What this task involves:
Lines in the listing below that contain the string "zeros" are to be found and copied.

Extracted material:

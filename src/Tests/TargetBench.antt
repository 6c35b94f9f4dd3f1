-- ===== src/Tests/TargetBench.antt =====
-- The memory of the bench is a flash that is programmed.
use zephyr_uds.Base.{ℕ, refl, inl, inr, length, copy, copy_before, copy_behind, Buffer, List}
use zephyr_uds.Platform.{default_config}
use zephyr_uds.Flash.Programming.{KeptOutside}
use zephyr_uds.Server.Programming.{IsTarget}
use zephyr_uds.Platform.WeakDefaults.{weak_defaults}
use zephyr_uds.Tests.Bench.{World, bench_os, bench_app}

abbrev pub flash_of : World → Buffer
flash_of w = w.memory

copy-KeptOutside :
    (m : Buffer) (address : ℕ) (bytes : List ℕ)
    → KeptOutside address (length bytes) m (copy m address bytes)
copy-KeptOutside m address bytes i (inl before) = copy_before m address i bytes before
copy-KeptOutside m address bytes i (inr behind) = copy_behind m address i bytes behind

pub bench_target : IsTarget default_config bench_os bench_app flash_of
bench_target = record {
  quiet = record {
    can_start = λ w i. refl;
    read_did = λ w did max_len i. refl;
    write_did = λ w did bytes i. refl;
    io_control = λ w did control_param bytes i. refl;
    routine_start = λ w routine_id i. refl;
    request_results = λ w routine_id i. refl;
    freeze_frame = λ w dtc record_num max_len i. refl;
    periodic_did = λ w did i. refl;
    clear_dtcs = λ w fs dtc_group i. refl;
  };
  flash = record {
    erases = λ w address size i outside. refl;
    writes = λ w offset bytes. copy-KeptOutside w.memory offset bytes;
    written = λ w offset bytes done. refl;
  };
  mount = λ w i. refl;
  nvs_write = λ w id x i. refl;
  entropy = λ w n i. refl;
  verify = λ w level seed key i. refl;
}

pub weak_target : IsTarget default_config bench_os (weak_defaults World) flash_of
unfolding weak_defaults
weak_target = record {
  quiet = record {
    can_start = λ w i. refl;
    read_did = λ w did max_len i. refl;
    write_did = λ w did bytes i. refl;
    io_control = λ w did control_param bytes i. refl;
    routine_start = λ w routine_id i. refl;
    request_results = λ w routine_id i. refl;
    freeze_frame = λ w dtc record_num max_len i. refl;
    periodic_did = λ w did i. refl;
    clear_dtcs = λ w fs dtc_group i. refl;
  };
  flash = record {
    erases = λ w address size i outside. refl;
    writes = λ w offset bytes i outside. refl;
    written = λ w offset bytes done. cc;
  };
  mount = λ w i. refl;
  nvs_write = λ w id x i. refl;
  entropy = λ w n i. refl;
  verify = λ w level seed key i. refl;
}
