-- ===== src/Tests/ProgrammingCases.antt =====
-- A life in which the flash is programmed, at concrete inputs.
use zephyr_uds.Base.{ℕ, true, false, ◌≡◌, ◌≢◌, refl, List, [], ◌∷◌, arith}
use zephyr_uds.Types.{physical}
use zephyr_uds.Platform.{default_config}
use zephyr_uds.Security
use zephyr_uds.Session
use zephyr_uds.Flash
use zephyr_uds.Server.Services
use zephyr_uds.Server.Process.{serve, service, process_request}
use zephyr_uds.Server.Machine
use zephyr_uds.Server.Machine.{
  Moment, happens, restarts, received, power_on, step, receive, restart, moment, live,
}
use zephyr_uds.Server.Programming.Life.{flash_needs_key}
use zephyr_uds.Server.Programming.Acknowledged.{image_of, flash_holds_acknowledged}
use zephyr_uds.Flash.{is_idle}
use zephyr_uds.Server.State.{perform, perform_all, send_nrc}
use zephyr_uds.Server.State.{Server}
use zephyr_uds.Base.{◌+◌, ◌^◌, ◌<◌, slice, some}
use zephyr_uds.Server.Lock.Protection.{KeyInLife, unlock_needs_key}
use zephyr_uds.Server.Startup.{weak_defaults_stay_locked}
use zephyr_uds.Platform.WeakDefaults.{weak_defaults}
use zephyr_uds.Security.{is_unlocked}
use zephyr_uds.Tests.Bench.{World, zeros, bench_os, bench_app}
use zephyr_uds.Tests.ServerBench.{fresh}
use zephyr_uds.Tests.TargetBench.{flash_of, bench_target, weak_target}

-- The programming session, a key, a download of four bytes at 0x20, a block of two, and a reboot.
abbrev programming_life : List Moment
programming_life =
    happens (received physical (0x10 ∷ 0x02 ∷ []))
    ∷ happens (received physical (0x27 ∷ 0x01 ∷ []))
    ∷ happens (received physical (0x27 ∷ 0x02 ∷ 9 ∷ 1 ∷ 2 ∷ 3 ∷ []))
    ∷ happens (received physical (0x34 ∷ 0x00 ∷ 0x11 ∷ 0x20 ∷ 0x04 ∷ []))
    ∷ happens (received physical (0x36 ∷ 1 ∷ 5 ∷ 6 ∷ []))
    ∷ restarts zeros 0
    ∷ []

-- A reboot, and then the programming session and a key.
abbrev unlocking_life : List Moment
unlocking_life =
    restarts zeros 0
    ∷ happens (received physical (0x10 ∷ 0x02 ∷ []))
    ∷ happens (received physical (0x27 ∷ 0x01 ∷ []))
    ∷ happens (received physical (0x27 ∷ 0x02 ∷ 9 ∷ 1 ∷ 2 ∷ 3 ∷ []))
    ∷ []

programmed : (live default_config bench_os bench_app fresh programming_life).world.memory 0x20 ≡ 5
unfolding live moment restart step receive process_request serve service Services.session_control
    Services.session_of_byte Services.security_access Services.request_download
    Services.transfer_data Flash.request_download Flash.start_download Flash.read_field
    Flash.transfer_data Security.handle_request Security.request_seed Security.generate_seed
    Security.send_key Security.local_key Security.grant Security.count_failure Security.reset_lock
    Session.set Machine.init Security.init Security.restore power_on Security.power_on
programmed = refl

changed : (live default_config bench_os bench_app fresh programming_life).world.memory 0x20 ≢ 0
changed h = omega (arith, programmed, h)

flash_needs_key_example : KeyInLife default_config bench_os bench_app fresh programming_life
unfolding power_on Flash.init Security.power_on
flash_needs_key_example =
    flash_needs_key default_config bench_os bench_app flash_of bench_target fresh programming_life
      refl refl 0x20 changed

unlocked_after :
    is_unlocked (live default_config bench_os bench_app fresh unlocking_life).security.status ≡ true
unfolding live moment restart step receive process_request serve service Services.session_control
    Services.session_of_byte Services.security_access Security.handle_request Security.request_seed
    Security.generate_seed Security.send_key Security.local_key Security.grant Security.reset_lock
    Session.set Machine.init Security.init Security.restore power_on Security.power_on
unlocked_after = refl

unlock_needs_key_example : KeyInLife default_config bench_os bench_app fresh unlocking_life
unfolding power_on Security.power_on
unlock_needs_key_example =
    unlock_needs_key default_config bench_os bench_app fresh unlocking_life refl unlocked_after

weak_defaults_stay_locked_example :
    let s' = live default_config bench_os (weak_defaults World) fresh programming_life in
    (is_unlocked s'.security.status ≡ false) × ((i : ℕ) → s'.world.memory i ≡ 0)
unfolding power_on Flash.init Security.power_on
weak_defaults_stay_locked_example =
    weak_defaults_stay_locked default_config bench_os flash_of weak_target fresh programming_life
      refl refl

-- The programming session, a key, a download, a block, a refused block with a wrong counter, and a
-- second block.
abbrev transferring_life : List Moment
transferring_life =
    happens (received physical (0x10 ∷ 0x02 ∷ []))
    ∷ happens (received physical (0x27 ∷ 0x01 ∷ []))
    ∷ happens (received physical (0x27 ∷ 0x02 ∷ 9 ∷ 1 ∷ 2 ∷ 3 ∷ []))
    ∷ happens (received physical (0x34 ∷ 0x00 ∷ 0x11 ∷ 0x20 ∷ 0x04 ∷ []))
    ∷ happens (received physical (0x36 ∷ 1 ∷ 5 ∷ 6 ∷ []))
    ∷ happens (received physical (0x36 ∷ 7 ∷ 8 ∷ []))
    ∷ happens (received physical (0x36 ∷ 2 ∷ 9 ∷ []))
    ∷ []

abbrev transferred : Server World
transferred = live default_config bench_os bench_app fresh transferring_life

transferred-image :
    image_of default_config bench_os bench_app flash_of (some []) fresh transferring_life
    ≡ some (5 ∷ 6 ∷ 9 ∷ [])
unfolding image_of live moment step receive process_request serve service Services.session_control
    Services.session_of_byte Services.security_access Services.request_download
    Services.transfer_data Flash.request_download Flash.start_download Flash.read_field
    Flash.transfer_data Security.handle_request Security.request_seed Security.generate_seed
    Security.send_key Security.local_key Security.grant Security.reset_lock Session.set
    Session.refresh_timer perform_all perform send_nrc power_on Security.power_on Flash.init
transferred-image = refl

transferred-busy : is_idle transferred.flash.pipeline_state ≡ false
unfolding image_of live moment step receive process_request serve service Services.session_control
    Services.session_of_byte Services.security_access Services.request_download
    Services.transfer_data Flash.request_download Flash.start_download Flash.read_field
    Flash.transfer_data Security.handle_request Security.request_seed Security.generate_seed
    Security.send_key Security.local_key Security.grant Security.reset_lock Session.set
    Session.refresh_timer perform_all perform send_nrc power_on Security.power_on Flash.init
transferred-busy = refl

transferred-fits : transferred.flash.memory_address + 3 < 2 ^ 32
unfolding image_of live moment step receive process_request serve service Services.session_control
    Services.session_of_byte Services.security_access Services.request_download
    Services.transfer_data Flash.request_download Flash.start_download Flash.read_field
    Flash.transfer_data Security.handle_request Security.request_seed Security.generate_seed
    Security.send_key Security.local_key Security.grant Security.reset_lock Session.set
    Session.refresh_timer perform_all perform send_nrc power_on Security.power_on Flash.init
transferred-fits = omega arith

flash_holds_acknowledged_example :
    (transferred.flash.bytes_received ≡ 3)
    × (slice transferred.flash.memory_address 3 transferred.world.memory ≡ 5 ∷ 6 ∷ 9 ∷ [])
unfolding power_on Flash.init
flash_holds_acknowledged_example =
    flash_holds_acknowledged default_config bench_os bench_app flash_of bench_target fresh
      transferring_life (5 ∷ 6 ∷ 9 ∷ []) refl transferred-image transferred-busy transferred-fits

The answer:
use zephyr_uds.Tests.Bench.{World, zeros, bench_os, bench_app}
    ∷ restarts zeros 0
    restarts zeros 0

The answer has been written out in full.